EL EMBLEMA
Olga Pérez Zumel
La bruma envolvía las calles sin dejar ver el suelo. Las fachadas de las casas quedaban ocultas por un velo húmedo incitando al misterio. Apenas las luces de gas podían abrirse paso e iluminar como luciérnagas dispersas. El mundo se había retirado en la noche. Todo lo encerrado escapaba de su prisión, hambriento, insaciable, porque ésta era su hora.
Sin saber cómo, aquella atmósfera nocturna y extraña le había envuelto transformando el bullicio de los comercios y los coches de caballos en el silencio mortuorio de las criptas. Como si hubiese sido raptado y devuelto horas después, encontró las calles abismadas de oscuridad. Sus pasos le acompañaban, único sonido punzando el espacio.
Había comenzado su paseo ensombrecido por la tristeza de una estéril vida, sometido al laberinto interior que desconsuela por desconfianza, abatimiento y apatía. Sin rumbo caminó minuto a minuto, ¿cuántas horas ya?, deseando hallar el fin fuese cual fuese éste. Perdido en tan loco deseo había olvidado todo lo que existía fuera de sí, vagando hasta despertar a la conciencia en aquel oscuro momento. Fue llamado por un eco, especie de pulsación que ritmaba un aliento. Atraído por él, a la vez temeroso, sobrecogido, se sintió acercarse. Un poco más, un poco más, y sus ojos sospecharon descubrir lo que sus oídos anunciaban. El aliento continuaba su ir y venir desde un ser escondido, apostado entre la bruma. Se olvidó, ignorándose por primera vez desde su desdicha; salió del laberinto llamado por algo más poderoso que aquellas internas torturas.
Apenas veía, extendió su mano temblorosa hasta tocar ansioso las paredes, húmedos lazarillos que le guiaban hacia lo desconocido.
Más cerca el eco era un resuello, como el mar poderoso devastando acantilados. Se detuvo bruscamente temiendo ser engullido por aquel resoplar. Parecía estar allí, delante de él, a pocos pasos por encima de su cabeza. Una luz mortecina brilló salida de la nada. Las tinieblas se abrieron ante sus ojos desvelando la visión más inesperada y sobrecogedora de su vida. Majestuoso y terrible, enroscado en la maldad, con ojos centelleantes, abrió las fauces emitiendo un resplandor rojizo envuelto en el rugir de siete mares procelosos.
El dragón más bello y terrible se apostaba en la esquina, a la altura del primer piso de la “Compañía Oriental de Sombrillas y Abanicos”. Escamas relucientes, verdosas y azuladas, se movían sinuosas en un mortal compás. Sensuales anillos, endiablados contoneos, estremecieron su alma; se sintió tan atraído, tan llamado al deseo de aquella bestia inmunda que aterrorizado tuvo asco de sí mismo por tan contradictorio y terrible sentimiento. Abría y cerraba las mandíbulas emitiendo un vapor que tamizaba la luz del fuego. Se erguía orgulloso mostrándole su majestad.
Abrumado cayó de rodillas ante tal esplendor. Las lágrimas le brotaban de terror y admiración cuando de la fosa más profunda, donde habita la muerte, una voz le nombró:
—Tú.
Con ella se llenaron los mundos, hasta los no creados. Fue llamado por un dios, por el mismo diablo.
—Tú. Me has despertado—. Volvió a rugir el ser penetrándole con su mirada de fuego.
Apretó los párpados para sujetar los ojos en sus cuencas y la mandíbula para no morderse la lengua. Allí arrodillado temblaba como una hoja sabedora de su pequeñez, de su fragilidad, del final tan anhelado momentos atrás y ahora tan temido. Hasta aquí había olvidado la vida tan a menudo que se extrañó de amarla profundamente en estos instantes próximos al definitivo adiós.

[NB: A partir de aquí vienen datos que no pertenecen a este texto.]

-- ===== src/Batch/Selection.antt =====
-- What `StrategyBatch::select` emits.
use mathlib.Core.List.{append-nil, append_assoc}
use gip.Prelude.{
  ℕ, zero, suc, String, ◌+◌, ◌<◌, ◌≡◌, refl, ap, ◌∙◌, ◌⊎◌, inl, inr, true, false, Option, none,
  some, List, [], ◌∷◌, ◌++◌, length, length-append, take, drop, is_empty, lt→ltb, All, Bool-cases,
  u64, arith,
}
use gip.Models.{Task, DispatchUnit, max_throughput}
use gip.Batch.{ModelQueue, Windows, is_ready, fill, select, batch_unit}

-- The loop takes as many tasks from the front as the unit still has room for.
fill_room :
    (m k : ℕ) (unit q : List Task)
    → m ≡ length unit + k
    → fill m unit q ≡ (unit ++ take k q, drop k q)
unfolding fill
fill_room m zero unit [] e = ground (arith, append-nil unit)
fill_room m (suc k) unit [] e = ground (arith, append-nil unit)
fill_room m zero unit (t ∷ ts) e = ground (arith, append-nil unit)
fill_room m (suc k) unit (t ∷ ts) e = rw (lt→ltb (length unit) m (omega arith)) (
    fill_room m k (unit ++ t ∷ []) ts (omega (arith, length-append unit (t ∷ [])))
    ∙ ap (λ l. (l, drop k ts)) (append_assoc unit (t ∷ []) (take k ts)))

pub fill_lem : (m : ℕ) (q : List Task) → fill m [] q ≡ (take m q, drop m q)
fill_lem m q = fill_room m m [] q (omega arith)

abbrev pub dispatched : ModelQueue → ModelQueue
dispatched q = record q {
  tasks = drop q.max_batch_size q.tasks;
  total_dispatched = u64 (q.total_dispatched + length (take q.max_batch_size q.tasks));
}

abbrev pub AllIdle : ℕ → Windows → Type 0
AllIdle now queues = All (λ w. is_ready now w.1 ≡ false) queues

abbrev pub HasRoom : Windows → Type 0
HasRoom queues = All (λ w. 0 < w.1.max_batch_size) queues

-- `u` holds the oldest tasks of the first ready window, as many as a batch may hold, and only that
-- window changes.
pub record Emits (now : ℕ) (queues queues' : Windows) (u : DispatchUnit) : Type 0 where
  pub before : Windows
  pub name : String
  pub q : ModelQueue
  pub after : Windows
  pub window : queues ≡ before ++ (name, q) ∷ after
  pub idle : AllIdle now before
  pub ready : is_ready now q ≡ true
  pub nonempty : is_empty u.tasks ≡ false
  pub unit : u ≡ record {
    model_name = name;
    strategy = max_throughput;
    tasks = take q.max_batch_size q.tasks;
  }
  pub left : queues' ≡ before ++ (name, dispatched q) ∷ after

abbrev pub Selected : ℕ → Windows → Windows × Option DispatchUnit → Type 0
Selected now queues r =
    ((u : DispatchUnit) × (r.1 ≡ some u) × Emits now queues r.0 u)
    ⊎ (AllIdle now queues × (r ≡ (queues, none)))

take_pos : (m : ℕ) (ts : List Task) → 0 < m → is_empty ts ≡ false → is_empty (take m ts) ≡ false
take_pos zero ts h e = absurd (omega arith)
take_pos (suc m) [] h e = e
take_pos (suc m) (t ∷ ts) h e = refl

pub ready_nonempty : (now : ℕ) (q : ModelQueue) → is_ready now q ≡ true → is_empty q.tasks ≡ false
unfolding is_ready
ready_nonempty now q r = ground arith

take_nonempty :
    (now : ℕ) (q : ModelQueue)
    → 0 < q.max_batch_size
    → is_ready now q ≡ true
    → is_empty (take q.max_batch_size q.tasks) ≡ false
take_nonempty now q h r = take_pos q.max_batch_size q.tasks h (ready_nonempty now q r)

select_here :
    (now : ℕ) (name : String) (q : ModelQueue) (rest : Windows)
    → 0 < q.max_batch_size
    → is_ready now q ≡ true
    → Selected now ((name, q) ∷ rest) (select now ((name, q) ∷ rest))
unfolding select batch_unit
select_here now name q rest h r =
    rw (fill_lem q.max_batch_size q.tasks, r, take_nonempty now q h r)
      (inl (
        batch_unit name (take q.max_batch_size q.tasks),
        refl,
        record {
          before = [];
          name = name;
          q = q;
          after = rest;
          window = refl;
          idle = tt;
          ready = r;
          nonempty = take_nonempty now q h r;
          unit = refl;
          left = refl;
        },
      ))

Emits-cons :
    (now : ℕ) (name : String) (q : ModelQueue) {rest rest' : Windows} {u : DispatchUnit}
    → is_ready now q ≡ false
    → Emits now rest rest' u
    → Emits now ((name, q) ∷ rest) ((name, q) ∷ rest') u
Emits-cons now name q r e = record {
  before = (name, q) ∷ e.before;
  name = e.name;
  q = e.q;
  after = e.after;
  window = ap (◌∷◌ (name, q)) e.window;
  idle = (r, e.idle);
  ready = e.ready;
  nonempty = e.nonempty;
  unit = e.unit;
  left = ap (◌∷◌ (name, q)) e.left;
}

select_later :
    (now : ℕ) (name : String) (q : ModelQueue) (rest : Windows)
    → is_ready now q ≡ false
    → Selected now rest (select now rest)
    → Selected now ((name, q) ∷ rest) (select now ((name, q) ∷ rest))
unfolding select
select_later now name q rest r (inl (u, hit, e)) = rw r (inl (u, hit, Emits-cons now name q r e))
select_later now name q rest r (inr (idle, same)) = rw r (inr ((refl, idle), ground arith))

-- With room for at least one task in every batch, `select` emits the oldest tasks of the first
-- ready window, as many as a batch may hold and at least one, and leaves every other window as it
-- was; or no window is ready, it emits nothing, and changes nothing.
pub select-Selected :
    (now : ℕ) (queues : Windows) → HasRoom queues → Selected now queues (select now queues)
unfolding select
select-Selected now [] h = inr (tt, refl)
select-Selected now ((name, q) ∷ rest) h = elim (Bool-cases (is_ready now q)) [
  | inl r ↦ select_here now name q rest h.0 r
  | inr r ↦ select_later now name q rest r (select-Selected now rest h.1)
]
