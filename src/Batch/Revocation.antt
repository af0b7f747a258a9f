-- ===== src/Batch/Revocation.antt =====
-- What `StrategyBatch::revoke` takes out of the windows.
use gip.Prelude.{
  String, ◌≡◌, refl, ◌≢◌, ◌⊎◌, inl, inr, Bool, true, false, List, [], ◌∷◌, ◌++◌, ◌==◌, string_eq,
  eq_of_beq, ne_of_beq, beq_of_ne, Bool-cases, arith,
}
use gip.Prelude.Entries.{All-append}
use gip.Models.{
  Task, request_id, RemovesFirst, RemovesFirst-cons, RemovesFirst-head, RemovesFirst-append,
  RemovesFirst-prepend, Absent,
}
use gip.Batch.{ModelQueue, Windows, revoke_from, revoke}

-- One window: the first task with the request id leaves it, or there is none.
abbrev Taken : String → List Task → List Task × Bool → Type 0
Taken id q r =
    ((t : Task) × (r.1 ≡ true) × RemovesFirst id q r.0 t) ⊎ (Absent id q × (r ≡ (q, false)))

Taken-later :
    (id : String) (t : Task) (ts : List Task)
    → request_id t ≢ id
    → Taken id ts (revoke_from id ts)
    → Taken id (t ∷ ts) (revoke_from id (t ∷ ts))
unfolding revoke_from
Taken-later id t ts h (inl (u, hit, removed)) =
    rw (beq_of_ne (request_id t) id h) (inl (u, hit, RemovesFirst-cons t h removed))
Taken-later id t ts h (inr (absent, same)) =
    rw (beq_of_ne (request_id t) id h) (inr ((h, absent), ground arith))

revoke_from-Taken : (id : String) (q : List Task) → Taken id q (revoke_from id q)
unfolding revoke_from
revoke_from-Taken id [] = inr (tt, refl)
revoke_from-Taken id (t ∷ ts) = elim (Bool-cases (request_id t == id)) [
  | inl e ↦ rw e (inl (t, refl, RemovesFirst-head id t ts (eq_of_beq (request_id t) id e)))
  | inr e ↦ Taken-later id t ts (ne_of_beq (request_id t) id e) (revoke_from-Taken id ts)
]

-- Every pending task, window after window.
unfoldable pub pending_tasks : Windows → List Task
pending_tasks [] = []
pending_tasks ((name, q) ∷ rest) = q.tasks ++ pending_tasks rest

-- A pending task was found and taken out; or nothing changed.
abbrev pub RevokedFrom : String → Windows → Windows × Bool → Type 0
RevokedFrom id queues r =
    ((t : Task) × (r.1 ≡ true) × RemovesFirst id (pending_tasks queues) (pending_tasks r.0) t)
    ⊎ (Absent id (pending_tasks queues) × (r ≡ (queues, false)))

revoke_window :
    (id name : String) (q : ModelQueue) (rest : Windows)
    → Taken id q.tasks (revoke_from id q.tasks)
    → RevokedFrom id rest (revoke id rest)
    → RevokedFrom id ((name, q) ∷ rest) (revoke id ((name, q) ∷ rest))
unfolding revoke pending_tasks
revoke_window id name q rest (inl (t, hit, removed)) other =
    rw (hit, revoke) (inl (t, refl, RemovesFirst-append (pending_tasks rest) removed))
revoke_window id name q rest (inr (absent, same)) (inl (t, hit, removed)) =
    rw (same, revoke) (inl (t, hit, RemovesFirst-prepend q.tasks absent removed))
revoke_window id name q rest (inr (absent, same)) (inr (others, unchanged)) =
    rw (same, revoke)
      (inr (
        All-append (λ u. request_id u ≢ id) q.tasks (pending_tasks rest) absent others,
        ground arith,
      ))

-- `revoke` takes out the first pending task with the request id, whichever window holds it, and
-- reports success; or no window holds one, nothing changes, and it reports failure.
pub revoke-RevokedFrom : (id : String) (queues : Windows) → RevokedFrom id queues (revoke id queues)
unfolding revoke pending_tasks
revoke-RevokedFrom id [] = inr (tt, refl)
revoke-RevokedFrom id ((name, q) ∷ rest) =
    revoke_window id name q rest (revoke_from-Taken id q.tasks) (revoke-RevokedFrom id rest)
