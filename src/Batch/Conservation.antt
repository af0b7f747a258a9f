-- ===== src/Batch/Conservation.antt =====
-- `StrategyBatch::admit` and `StrategyBatch::select` neither lose nor repeat a pending task.
use mathlib.Core.List.Perm
use mathlib.Core.List.{Perm, append_assoc, perm_middle, perm_append_singleton}
use gip.Prelude.{
  ℕ, String, ◌≡◌, refl, ap, inl, inr, Option, none, some, List, [], ◌∷◌, ◌++◌, ◌==◌, take, drop,
  take-append-drop, is_empty, nil_of_is_empty, string_eq, Bool-cases, arith,
}
use gip.Prelude.Perms.{swap_front}
use gip.Prelude.Dict.{lookup, insert, get_or, get_or-cons}
use gip.Models.{Task, DispatchUnit, ModelConf, model_name}
use gip.Policy.{SchedulingContext}
use gip.Batch.{
  ModelQueue, Windows, empty_queue, open_window, enqueue, admit, select, is_ready, batch_unit,
}
use gip.Batch.Selection.{fill_lem}
use gip.Batch.Revocation.{pending_tasks}

open_window-tasks :
    (conf : Option ModelConf) (q : ModelQueue) → (open_window conf q).tasks ≡ q.tasks
unfolding open_window
open_window-tasks none q = refl
open_window-tasks (some conf) q = ground arith

enqueue-tasks :
    (context : SchedulingContext) (t : Task) (q : ModelQueue)
    → (enqueue context t q).tasks ≡ q.tasks ++ t ∷ []
unfolding enqueue
enqueue-tasks context t q = ap (λ l. l ++ t ∷ []) (open_window-tasks context.model_meta.conf q)

-- One more task in the window of a name.
insert-perm :
    (name : String) (t : Task) (q' : ModelQueue) (queues : Windows)
    → q'.tasks ≡ (get_or name empty_queue queues).tasks ++ t ∷ []
    → Perm (pending_tasks (insert name q' queues)) (t ∷ pending_tasks queues)
unfolding insert pending_tasks get_or lookup
insert-perm name t q' [] h = rw h Perm.rfl
insert-perm name t q' ((key, q) ∷ rest) h = elim (Bool-cases (key == name)) [
  | inl hit ↦
      let more : q'.tasks ≡ q.tasks ++ t ∷ [] =
        rw (get_or-cons name key empty_queue q rest, hit) at h in
      rw (hit, more) (Perm.append_right (pending_tasks rest) (perm_append_singleton t q.tasks))
  | inr miss ↦
      let more : q'.tasks ≡ (get_or name empty_queue rest).tasks ++ t ∷ [] =
        rw (get_or-cons name key empty_queue q rest, miss) at h in
      rw miss (
        Perm.trans (Perm.append_left q.tasks (insert-perm name t q' rest more))
          (perm_middle q.tasks (pending_tasks rest)))
]

-- The windows hold one task more, the one admitted.
pub admit-perm :
    (t : Task) (context : SchedulingContext) (queues : Windows)
    → Perm (pending_tasks (admit (some t) context queues).0) (t ∷ pending_tasks queues)
unfolding admit
admit-perm t context queues =
    insert-perm (model_name t) t _ queues
      (enqueue-tasks context t (get_or (model_name t) empty_queue queues))

abbrev pub unit_tasks : Option DispatchUnit → List Task
unit_tasks none = []
unit_tasks (some unit) = unit.tasks

-- What is pending is afterwards in the unit, or still pending.
pub select-perm :
    (now : ℕ) (queues : Windows)
    → Perm
        (pending_tasks queues)
        (unit_tasks (select now queues).1 ++ pending_tasks (select now queues).0)
unfolding select pending_tasks batch_unit
select-perm now [] = Perm.rfl
select-perm now ((name, q) ∷ rest) =
    let m = q.max_batch_size in
    let behind = select now rest in
    let later : Perm (q.tasks ++ pending_tasks rest)
        (unit_tasks behind.1 ++ (q.tasks ++ pending_tasks behind.0)) =
      Perm.trans (Perm.append_left q.tasks (select-perm now rest))
        (swap_front q.tasks (unit_tasks behind.1) (pending_tasks behind.0)) in
    let split : Perm (q.tasks ++ pending_tasks rest)
        (take m q.tasks ++ (drop m q.tasks ++ pending_tasks rest)) =
      rw
        (
          ← append_assoc (take m q.tasks) (drop m q.tasks) (pending_tasks rest),
          take-append-drop m q.tasks,
        )
        Perm.rfl in
    elim (Bool-cases (is_ready now q)) [
      | inl r ↦ elim (Bool-cases (is_empty (take m q.tasks))) [
        | inl none_taken ↦
            let left : drop m q.tasks ≡ q.tasks =
              rw (nil_of_is_empty (take m q.tasks) none_taken) at (take-append-drop m q.tasks) in
            rw (r, fill_lem m q.tasks, none_taken, left) later
        | inr some_taken ↦ rw (r, fill_lem m q.tasks, some_taken) split
      ]
      | inr r ↦ rw r later
    ]
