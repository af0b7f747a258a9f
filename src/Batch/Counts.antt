-- ===== src/Batch/Counts.antt =====
-- The number of pending tasks across the calls of `StrategyBatch`.
use gip.Prelude.{
  ℕ, String, ◌+◌, ◌≡◌, refl, ap, inl, inr, true, Option, none, some, List, [], ◌∷◌, take, drop,
  take-append-drop, length, length-append, is_empty, ◌==◌, string_eq, Bool-cases, arith,
}
use gip.Prelude.Dict.{get_or, insert, lookup, get_or-cons}
use gip.Models.{Task, DispatchUnit, model_name}
use gip.Policy.{SchedulingContext}
use gip.Batch.{
  ModelQueue, Windows, empty_queue, open_window, enqueue, admit, select, fill, pending_task_count,
  batch_unit,
}
use gip.Batch.Selection.{fill_lem}

pending-insert :
    (name : String) (q : ModelQueue) (queues : Windows)
    → pending_task_count (insert name q queues) + length (get_or name empty_queue queues).tasks
      ≡ pending_task_count queues + length q.tasks
unfolding pending_task_count insert get_or lookup
pending-insert name q [] = omega arith
pending-insert name q ((j, w) ∷ rest) = elim (Bool-cases (j == name)) [
  | inl hit ↦ rw (get_or-cons name j, hit) (omega arith)
  | inr miss ↦ rw (get_or-cons name j, miss) (omega (arith, pending-insert name q rest))
]

length-enqueue :
    (context : SchedulingContext) (t : Task) (q : ModelQueue)
    → length (enqueue context t q).tasks ≡ length q.tasks + 1
unfolding enqueue open_window
length-enqueue context t q = ground (arith, length-append q.tasks (t ∷ []))

pub pending-admit :
    (t : Task) (context : SchedulingContext) (queues : Windows)
    → pending_task_count (admit (some t) context queues).0 ≡ pending_task_count queues + 1
unfolding admit
pending-admit t context queues = omega (
  arith,
  pending-insert (model_name t) (enqueue context t (get_or (model_name t) empty_queue queues))
      queues,
  length-enqueue context t (get_or (model_name t) empty_queue queues),
)

abbrev pub unit_size : Option DispatchUnit → ℕ
unit_size none = 0
unit_size (some u) = length u.tasks

length-fill : (m : ℕ) (q : List Task) → length (fill m [] q).0 + length (fill m [] q).1 ≡ length q
length-fill m q =
    rw (fill_lem m q)
      (omega (arith, length-append (take m q) (drop m q), ap length (take-append-drop m q)))

empty-length : (xs : List Task) → is_empty xs ≡ true → length xs ≡ 0
empty-length [] e = refl
empty-length (x ∷ xs) e = cc

pub pending-select :
    (now : ℕ) (queues : Windows)
    → pending_task_count (select now queues).0 + unit_size (select now queues).1
      ≡ pending_task_count queues
unfolding pending_task_count select batch_unit
pending-select now [] = omega arith
pending-select now ((name, q) ∷ rest) = ground (
  arith,
  length-fill q.max_batch_size q.tasks,
  empty-length (fill q.max_batch_size [] q.tasks).0,
  pending-select now rest,
)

Las fauces de la bestia se desencajaron soltando esa cálida luz rojiza que se abría paso entre los vapores marcándole un camino. Observó acercarse al inmundo de un modo ajeno porque el pavor llegó a su límite paralizándole el corazón. No latió más. El silencio reinó dentro y fuera de sí. Sus ojos permanecieron abiertos, extremadamente, sin poderse desasir de su visión mientras era engullido por un cálido y húmedo aliento enrojecido.
Un contoneo de anillos y entrechocar de escamas metálicas devolvió al dragón su majestuosa y estática postura de emblema en la esquina de la “Compañía Oriental de Sombrillas y Abanicos”, magnífica estatuilla de piedra coloreada que adosada a un edificio sujetaba embaucadora un abanico con su cola y un farol de roja luz entre sus garras.
En un instante la calle quedó a oscuras y una pesada calma se tragó la noche y su bruma.